Palladium-catalyzed, pyrrolidine-mediated arylmethylation of ketones and aldehydes with coumarinyl(methyl) acetates.

We report the palladium-catalyzed, pyrrolidine-mediated α-benzylation of enamines generated from aldehydes and ketones. The method allows for direct coupling of medicinally relevant coumarin moieties with aldehydes and ketones in good yield under mild conditions. The reaction is believed to proceed via a Pd-π-benzyl complex generated from (coumarinyl)methyl acetates.

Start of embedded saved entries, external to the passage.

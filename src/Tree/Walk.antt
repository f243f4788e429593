-- ===== src/Tree/Walk.antt =====
-- `walk`: the function is called on an element before its children, and on the children that the
-- call leaves. A walk recurs on fuel, which bounds how deep it goes; `none` means that the fuel ran
-- out.
use ndc_mock.Prelude.{
  ℕ, zero, suc, ◌<◌, ◌≡◌, refl, Option, none, some, List, [], ◌∷◌, arith, ◌>>=◌, All,
}
use ndc_mock.Tree.{Node, kids, with_kids}

-- The calls on the children, from the first.
unfoldable pub walk_each : (Node → Option Node) → List Node → Option (List Node)
walk_each go [] = some []
walk_each go (k ∷ ks) = do k' ← go k; ks' ← walk_each go ks; some (k' ∷ ks')

unfoldable pub walk : ℕ → (Node → Node) → Node → Option Node
unfolding walk_each
walk zero f n = none
walk (suc fuel) f n = do ks ← walk_each (walk fuel f) (kids (f n)); some (with_kids ks (f n))

-- The calls of a walk go down along `rank`.
abbrev pub Falls : (Node → ℕ) → (Node → Node) → Type 0
Falls rank f = (n : Node) → All (λ k. rank k < rank n) (kids (f n))

pub walk_each-total :
    (go : Node → Option Node) (P : Node → Type 0) (ks : List Node)
    → ((k : Node) → P k → (m : Node) × (go k ≡ some m))
    → All P ks
    → (ms : List Node) × (walk_each go ks ≡ some ms)
unfolding walk_each
walk_each-total go P [] h all = ([], refl)
walk_each-total go P (k ∷ ks) h (p, all) =
    let (m, e) = h k p in let (ms, es) = walk_each-total go P ks h all in (m ∷ ms, rw (e, es))

All-lt :
    (rank : Node → ℕ) (n fuel : ℕ) (ks : List Node)
    → n < suc fuel
    → All (λ k. rank k < n) ks
    → All (λ k. rank k < fuel) ks
All-lt rank n fuel [] h all = tt
All-lt rank n fuel (k ∷ ks) h (p, all) = (omega arith, All-lt rank n fuel ks h all)

-- A walk ends with any fuel above the rank of its element.
pub walk-total :
    (rank : Node → ℕ) (f : Node → Node)
    → Falls rank f
    → (fuel : ℕ) (n : Node) → rank n < fuel
    → (m : Node) × (walk fuel f n ≡ some m)
unfolding walk
walk-total rank f falls zero n h = elim h [ ]
walk-total rank f falls (suc fuel) n h =
    let (ms, e) =
      walk_each-total (walk fuel f) (λ k. rank k < fuel) (kids (f n)) (walk-total rank f falls fuel)
        (All-lt rank (rank n) fuel (kids (f n)) h (falls n)) in
    (with_kids ms (f n), rw e)

-- A walk whose function also changes variables around it, `s`.
module _ {S : Type 0} where
  unfoldable pub walk_each_with :
      (S → Node → Option (S × Node)) → S → List Node → Option (S × List Node)
  walk_each_with go s [] = some (s, [])
  walk_each_with go s (k ∷ ks) = do
    (t, k') ← go s k
    (u, ks') ← walk_each_with go t ks
    some (u, k' ∷ ks')

  unfoldable pub walk_with : ℕ → (S → Node → S × Node) → S → Node → Option (S × Node)
  unfolding walk_each_with
  walk_with zero f s n = none
  walk_with (suc fuel) f s n = do
    (u, ks) ← walk_each_with (walk_with fuel f) (f s n).0 (kids (f s n).1)
    some (u, with_kids ks (f s n).1)

-- The same of a walk with variables.
module _ {S : Type 0} where
  walk_each_with-total :
      (go : S → Node → Option (S × Node)) (P : Node → Type 0) (ks : List Node)
      → ((s : S) (k : Node) → P k → (m : S × Node) × (go s k ≡ some m))
      → All P ks
      → (s : S) → (ms : S × List Node) × (walk_each_with go s ks ≡ some ms)
  unfolding walk_each_with
  walk_each_with-total go P [] h all s = ((s, []), refl)
  walk_each_with-total go P (k ∷ ks) h (p, all) s =
      let ((t, m), e) = h s k p in
      let ((u, ms), es) = walk_each_with-total go P ks h all t in ((u, m ∷ ms), rw (e, es) refl)

  pub walk_with-total :
      (rank : Node → ℕ) (f : S → Node → S × Node)
      → ((s : S) (n : Node) → All (λ k. rank k < rank n) (kids (f s n).1))
      → (fuel : ℕ) (s : S) (n : Node) → rank n < fuel
      → (m : S × Node) × (walk_with fuel f s n ≡ some m)
  unfolding walk_with
  walk_with-total rank f falls zero s n h = elim h [ ]
  walk_with-total rank f falls (suc fuel) s n h =
      let ((u, ms), e) =
        walk_each_with-total (walk_with fuel f) (λ k. rank k < fuel) (kids (f s n).1)
          (walk_with-total rank f falls fuel)
          (All-lt rank (rank n) fuel (kids (f s n).1) h (falls s n)) (f s n).0 in
      ((u, with_kids ms (f s n).1), rw e refl)
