-- ===== src/Tree/Wrap.antt =====
-- `wrap`, and the replacement of each child by a wrapper around it.
pub mod Ends
use Prim.Native.Nat.{max}
use mathlib.Core.List.{append-nil, append_assoc}
use ndc_mock.Prelude.{
  ℕ, zero, suc, ◌+◌, ◌≤◌, ◌<◌, ◌≡◌, ◌≢◌, refl, ap, ◌∙◌, sym, Bool, true, false, List, [], ◌∷◌, ◌++◌,
  map, String, arith, if◌then◌else◌, ◌==◌, ◌!=◌, string_eq, keep_if, length, All, Bool-cases, inl,
  inr, eq_iff, str_eq_ne,
}
use ndc_mock.Prelude.Text.{split, split-ne}
use ndc_mock.Tree.{
  Attr, Node, Kids, elem, no_kids, kid, to_list, of_list, name, kids, with_kids, node, kids_named,
  remove_kids,
}
use ndc_mock.Tree.Lists.{
  kids-with_kids, weight, weight-heaviest, weight-of_list, heaviest, heaviest-append,
  heaviest-keep_if, All-heaviest,
}
use ndc_mock.Tree.Walk.{Falls, walk, walk-total}

-- The wrapper elements, the outermost first, around the children.
unfoldable pub nest : List String → List Node → Node
nest [] ks = node "" ks
nest (s ∷ []) ks = node s ks
nest (s ∷ t ∷ names) ks = node s (nest (t ∷ names) ks ∷ [])

-- The variables of the loop of `wrap`: what `out` holds before and behind the wrapper, whether
-- there is a wrapper yet, and what it gathers.
record Wrapping : Type 0 where
  before : List Node
  started : Bool
  gathered : List Node
  behind : List Node

wrap_step : String → Wrapping → Node → Wrapping
wrap_step child w k =
    if name k != child
    then (if w.started
        then record w { behind = w.behind ++ (k ∷ []) }
        else record w { before = w.before ++ (k ∷ []) })
    else record w { started = true; gathered = w.gathered ++ (k ∷ []) }

wrap_loop : String → Wrapping → List Node → Wrapping
unfolding wrap_step
wrap_loop child w [] = w
wrap_loop child w (k ∷ ks) = wrap_loop child (wrap_step child w k) ks

wrap_out : List String → Wrapping → List Node
unfolding nest
wrap_out names w = if w.started then w.before ++ (nest names w.gathered ∷ w.behind) else w.before

abbrev unwrapped : Wrapping
unwrapped = record { before = []; started = false; gathered = []; behind = [] }

unfoldable pub wrap_kids : String → List String → List Node → List Node
unfolding wrap_loop wrap_out
wrap_kids child names ks = wrap_out names (wrap_loop child unwrapped ks)

unfoldable pub wrap : String → String → Node → Node
unfolding wrap_kids split
wrap child wrapper n = with_kids (wrap_kids child (split b'/' wrapper) (kids n)) n

-- The function of the walk for a wrapper of the mapping.
unfoldable pub wrap_in : String → String → String → Node → Node
unfolding wrap
wrap_in parent child wrapper n = if name n == parent then wrap child wrapper n else n

unfoldable pub enclose : String → String → Node → Node
enclose child wrapper c = if name c == child then node wrapper (c ∷ []) else c

-- The function of the walk for `WrapEach`.
unfoldable pub wrap_each_in : String → String → String → Node → Node
unfolding enclose
wrap_each_in parent child wrapper n =
    if name n != parent then n else with_kids (map (enclose child wrapper) (kids n)) n

wrap_loop-started :
    (child : String) (w : Wrapping) (ks : List Node)
    → w.started ≡ true
    → wrap_loop child w ks ≡ record {
      before = w.before;
      started = true;
      gathered = w.gathered ++ keep_if (λ k. name k == child) ks;
      behind = w.behind ++ keep_if (λ k. name k != child) ks;
    }
unfolding wrap_loop
wrap_loop-started child w [] h = rw (append-nil, append-nil, ← h)
wrap_loop-started child w (k ∷ ks) h = elim (Bool-cases (name k == child)) [
  | inl same ↦
      rw (same, wrap_step)
        (wrap_loop-started child (record w { started = true; gathered = w.gathered ++ (k ∷ []) }) ks
            refl
          ∙ rw append_assoc)
  | inr differs ↦
      rw (differs, wrap_step, h)
        (wrap_loop-started child (record w { started = true; behind = w.behind ++ (k ∷ []) }) ks
            refl
          ∙ rw append_assoc)
]

-- The children after `wrap`: all named `child` stand in one wrapper, in their order, where the
-- first of them stood, and the others keep their order.
unfoldable pub wrapped : String → List String → List Node → List Node
wrapped child names [] = []
wrapped child names (k ∷ ks) =
    if name k == child
    then nest names (k ∷ keep_if (λ j. name j == child) ks) ∷ keep_if (λ j. name j != child) ks
    else k ∷ wrapped child names ks

wrap_loop-wrapped :
    (child : String) (names : List String) (b ks : List Node)
    → wrap_out names
        (wrap_loop child (record { before = b; started = false; gathered = []; behind = [] }) ks)
      ≡ b ++ wrapped child names ks
unfolding wrap_loop wrap_out wrapped
wrap_loop-wrapped child names b [] = rw append-nil
wrap_loop-wrapped child names b (k ∷ ks) = elim (Bool-cases (name k == child)) [
  | inl same ↦ rw (
    same,
    wrap_out,
    wrap_loop,
    wrap_step,
    wrap_loop-started child (record { before = b; started = true; gathered = k ∷ []; behind = [] })
        ks refl,
  )
  | inr differs ↦
      rw (differs, wrap_out, wrap_loop, wrap_step)
        (wrap_loop-wrapped child names (b ++ (k ∷ [])) ks ∙ rw append_assoc)
]

-- The loop of `wrap` gathers every child of the name into one wrapper, in their order, where the
-- first of them stood, and keeps the order of the others; without such a child nothing changes.
pub wrap_kids-wrapped :
    (child : String) (names : List String) (ks : List Node)
    → wrap_kids child names ks ≡ wrapped child names ks
unfolding wrap_kids
wrap_kids-wrapped child names ks = wrap_loop-wrapped child names [] ks
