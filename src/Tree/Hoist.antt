-- ===== src/Tree/Hoist.antt =====
-- `hoist`. An element hands the children that it gives up to its parent, which passes them on until
-- they reach the nearest ancestor of the wanted name.
use ndc_mock.Prelude.{
  Bool, false, ◌&&◌, ◌||◌, List, [], ◌∷◌, ◌++◌, String, if◌then◌else◌, ◌==◌, string_eq,
}
use ndc_mock.Prelude.Text.{trim_space}
use ndc_mock.Tree.{Node, Kids, elem, no_kids, kid, of_list, text, kids_named, remove_kids}

-- `dup`: whether one of the elements holds the text of `k`.
unfoldable pub holds : List Node → Node → Bool
unfolding trim_space
holds [] k = false
holds (t ∷ ts) k = holds ts k || trim_space (text t) == trim_space (text k)

-- The loop over the children that move: each joins the target unless its value is there.
unfoldable pub receive : String → List Node → List Node → List Node
unfolding holds kids_named
receive child target [] = target
receive child target (k ∷ ks) =
    receive child
      (if holds (kids_named (elem "" [] (of_list target) "") child) k
        then target
        else target ++ (k ∷ []))
      ks

-- What one element keeps as its children, and the elements that are on their way up.
pub record Lift : Type 0 where
  pub stay : List Node
  pub rise : List Node

module _ (parent child ancestor : String) where
  -- An element named `ancestor` receives what rises from below.
  unfoldable pub settle : String → List Node → List Node → Lift
  unfolding receive
  settle s ks up =
      if s == ancestor
      then record { stay = receive child ks up; rise = [] }
      else record { stay = ks; rise = up }

  -- An element named `parent` below an ancestor gives its children up.
  unfoldable pub give_up : Bool → String → Lift → Lift
  unfolding kids_named remove_kids
  give_up below s l =
      if s == parent && below
      then record {
        stay = remove_kids l.stay child;
        rise = l.rise ++ kids_named (elem "" [] (of_list l.stay) "") child;
      }
      else l

  -- `below` says whether an element above is named `ancestor`.
  mutual
    unfolding settle give_up

    hoist_node : Bool → Node → Node × List Node
    hoist_node below (elem s al ks t) =
        let (ks', up) = hoist_kids (below || s == ancestor) ks in
        let l = give_up below s (settle s ks' up) in (elem s al (of_list l.stay) t, l.rise)

    hoist_kids : Bool → Kids → List Node × List Node
    hoist_kids below no_kids = ([], [])
    hoist_kids below (kid k ks) =
        let (k', up) = hoist_node below k in
        let (ks', more) = hoist_kids below ks in (k' ∷ ks', up ++ more)

  unfoldable pub hoist : Node → Node
  unfolding hoist_node
  hoist n = (hoist_node false n).0
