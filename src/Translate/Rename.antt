-- ===== src/Translate/Rename.antt =====
-- The renames of `translateTree`: the longest key that is a suffix of an element's path of original
-- names gives the new name.
pub mod Longest
use Prim.Native.Nat.{max, min}
use ndc_mock.Prelude.{
  ℕ, zero, suc, ◌≤◌, ◌<◌, ◌≡◌, refl, Option, none, some, List, [], ◌∷◌, String, length, take, arith,
  Option-cases, inl, inr,
}
use native.Mathlib.Decide.{dec_le}
use ndc_mock.Prelude.Text.{join, split}
use ndc_mock.Tree.{Node, Kids, elem, no_kids, kid}
use ndc_mock.Translate.Mapping.{Map, lookup}

-- The greatest number of names in a key, and at least 1. `strings.Count(k, "/") + 1` is the number
-- of fields of `k`.
unfoldable pub longest : Map String → ℕ
unfolding split
longest [] = 1
longest ((k, v) ∷ m) = max (length (split b'/' k)) (longest m)

-- The path of an element is kept with its own name first.
unfoldable pub outward : List String → List String → List String
outward [] acc = acc
outward (s ∷ path) acc = outward path (s ∷ acc)

-- The last `k` names of the path, joined.
unfoldable pub suffix : List String → ℕ → String
unfolding outward join
suffix path k = join "/" (outward (take k path) [])

-- The loop over `k`, downwards; the first key that is found wins.
unfoldable pub renamed_from : Map String → List String → ℕ → Option String
unfolding lookup suffix
renamed_from m path zero = none
renamed_from m path (suc k) = elim (lookup m (suffix path (suc k))) [
  | some to ↦ some to
  | none ↦ renamed_from m path k
]

unfoldable pub new_name : Map String → List String → Option String
unfolding renamed_from longest
new_name m path = renamed_from m path (min (longest m) (length path))

or_name : Option String → String → String
or_name none s = s
or_name (some to) s = to

module _ (m : Map String) where
  -- `mark`, and the loop over `renames`: every decision is taken from the original names.
  unfoldable mutual
    unfolding new_name or_name

    pub rename_node : List String → Node → Node
    rename_node path (elem s al ks t) =
        elem (or_name (new_name m (s ∷ path)) s) al (rename_kids (s ∷ path) ks) t

    pub rename_kids : List String → Kids → Kids
    rename_kids path no_kids = no_kids
    rename_kids path (kid k ks) = kid (rename_node path k) (rename_kids path ks)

Intercepted Decarboxylative Allylations of Nitroalkanoates.

Using palladium-catalyzed decarboxylation, several cascade reactions of allyl and prenyl nitroalkanoates that lead to nitro-containing chemical building blocks are described. A nitronate Michael addition/Tsuji-Trost allylation cascade was developed, leading to functionally dense chemical building blocks. Likewise, a Tsuji-Trost/decarboxylative protonation sequence was developed for the synthesis of orthogonally functionalized 2° nitroalkanes. The latter method provides rapid access to the indolizidine core.

Palladium-catalyzed substitution of (coumarinyl)methyl acetates with C-, N-, and S-nucleophiles.

The palladium-catalyzed nucleophilic substitution of (coumarinyl)methyl acetates is described. The reaction proceeds though a palladium π-benzyl-like complex and allows for many different types of C-, N-, and S-nucleophiles to be regioselectively added to the biologically active coumarin motif. This new method was utilized to prepare a 128-membered library of aminated coumarins for biological screening.